» **TASK REQUIREMENTS**
Repeat the entries below exactly, missing none.

++++++++

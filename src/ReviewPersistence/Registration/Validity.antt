-- ===== src/ReviewPersistence/Registration/Validity.antt =====
-- What a registration leaves valid.
use ai_data_quality_platform.Base.{String, Option, List, [], ◌∷◌, ok, ◌≡◌, text_eq}
use ai_data_quality_platform.Base.AllOf.{AllOf, AllOf-append}
use ai_data_quality_platform.Base.Float.{Float}
use ai_data_quality_platform.EntityResolution.Models.{EntityRecord}
use ai_data_quality_platform.HumanReview.Models.{ReviewWorkflowState}
use ai_data_quality_platform.ReviewApplication.Models.{PersistedCase}
use ai_data_quality_platform.ReviewApplication.Bundle.{Snapshot}
use ai_data_quality_platform.ReviewPersistence.Rows.{StorageTools, CaseRow, case_payload_json}
use ai_data_quality_platform.ReviewPersistence.Rows.Reading.{IsStored}
use ai_data_quality_platform.ReviewPersistence.Tables.{ReviewStore}
use ai_data_quality_platform.ReviewPersistence.Repository.Validity.{StoreIsValid}
use ai_data_quality_platform.ReviewPersistence.Registration.{register_workflow}
use ai_data_quality_platform.ReviewPersistence.Registration.Added.{HasOrderedPair, IsNew}
use ai_data_quality_platform.ReviewPersistence.Registration.Additions.{register_workflow-Adds}

module _ (tools : StorageTools) (queue : String) where
  new-IsStored :
      ((x : Float) → tools.round_score (tools.round_score x) ≡ tools.round_score x)
      → (rows : List CaseRow) → AllOf (IsNew tools queue) rows
      → AllOf (IsStored tools) rows
  unfolding case_payload_json
  new-IsStored round [] new = tt
  new-IsStored round (row ∷ rows) (n, new) = (
    record {
      in_order = rw n.payload n.in_order;
      rounded = rw n.payload (round n.source.machine_score);
    },
    new-IsStored round rows new,
  )

  -- Where rounding a rounded score changes nothing, a registration leaves a valid store valid.
  pub register_workflow-StoreIsValid :
      (state : ReviewWorkflowState) (records : List EntityRecord) (snapshot : Snapshot)
      (path : Option String) (now : String) (store : ReviewStore) (ps : List PersistedCase)
      (store' : ReviewStore)
      → ((x : Float) → tools.round_score (tools.round_score x) ≡ tools.round_score x)
      → AllOf HasOrderedPair state.cases
      → StoreIsValid tools store
      → register_workflow tools queue state records snapshot path now store ≡ ok (ps, store')
      → StoreIsValid tools store'
  register_workflow-StoreIsValid state records snapshot path now store ps store' round in_order v
        h =
      let a =
        (register_workflow-Adds tools queue state records snapshot path now store ps store' in_order
          h).rows_added in
      record {
        stored = rw a.rows (
            AllOf-append (IsStored tools) store.review_cases a.added v.stored
              (new-IsStored round a.added a.fresh));
        fresh = rw (a.events, a.next) v.fresh;
      }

++++++++

» **EXERCISE SOLUTION**
filename src/ReviewPersistence/Registration/Validity.antt
-- ===== src/ReviewPersistence/Registration/Validity.antt =====
-- What a registration leaves valid.
use ai_data_quality_platform.Base.{String, Option, List, [], ◌∷◌, ok, ◌≡◌, text_eq}
use ai_data_quality_platform.Base.AllOf.{AllOf, AllOf-append}
use ai_data_quality_platform.Base.Float.{Float}
use ai_data_quality_platform.EntityResolution.Models.{EntityRecord}
use ai_data_quality_platform.HumanReview.Models.{ReviewWorkflowState}
use ai_data_quality_platform.ReviewApplication.Models.{PersistedCase}
use ai_data_quality_platform.ReviewApplication.Bundle.{Snapshot}
use ai_data_quality_platform.ReviewPersistence.Rows.{StorageTools, CaseRow, case_payload_json}
use ai_data_quality_platform.ReviewPersistence.Rows.Reading.{IsStored}
use ai_data_quality_platform.ReviewPersistence.Tables.{ReviewStore}
use ai_data_quality_platform.ReviewPersistence.Repository.Validity.{StoreIsValid}
use ai_data_quality_platform.ReviewPersistence.Registration.{register_workflow}
use ai_data_quality_platform.ReviewPersistence.Registration.Added.{HasOrderedPair, IsNew}
use ai_data_quality_platform.ReviewPersistence.Registration.Additions.{register_workflow-Adds}

module _ (tools : StorageTools) (queue : String) where
  new-IsStored :
      ((x : Float) → tools.round_score (tools.round_score x) ≡ tools.round_score x)
      → (rows : List CaseRow) → AllOf (IsNew tools queue) rows
      → AllOf (IsStored tools) rows
  unfolding case_payload_json
  new-IsStored round [] new = tt
  new-IsStored round (row ∷ rows) (n, new) = (
    record {
      in_order = rw n.payload n.in_order;
      rounded = rw n.payload (round n.source.machine_score);
    },
    new-IsStored round rows new,
  )

  -- Where rounding a rounded score changes nothing, a registration leaves a valid store valid.
  pub register_workflow-StoreIsValid :
      (state : ReviewWorkflowState) (records : List EntityRecord) (snapshot : Snapshot)
      (path : Option String) (now : String) (store : ReviewStore) (ps : List PersistedCase)
      (store' : ReviewStore)
      → ((x : Float) → tools.round_score (tools.round_score x) ≡ tools.round_score x)
      → AllOf HasOrderedPair state.cases
      → StoreIsValid tools store
      → register_workflow tools queue state records snapshot path now store ≡ ok (ps, store')
      → StoreIsValid tools store'
  register_workflow-StoreIsValid state records snapshot path now store ps store' round in_order v
        h =
      let a =
        (register_workflow-Adds tools queue state records snapshot path now store ps store' in_order
          h).rows_added in
      record {
        stored = rw a.rows (
            AllOf-append (IsStored tools) store.review_cases a.added v.stored
              (new-IsStored round a.added a.fresh));
        fresh = rw (a.events, a.next) v.fresh;
      }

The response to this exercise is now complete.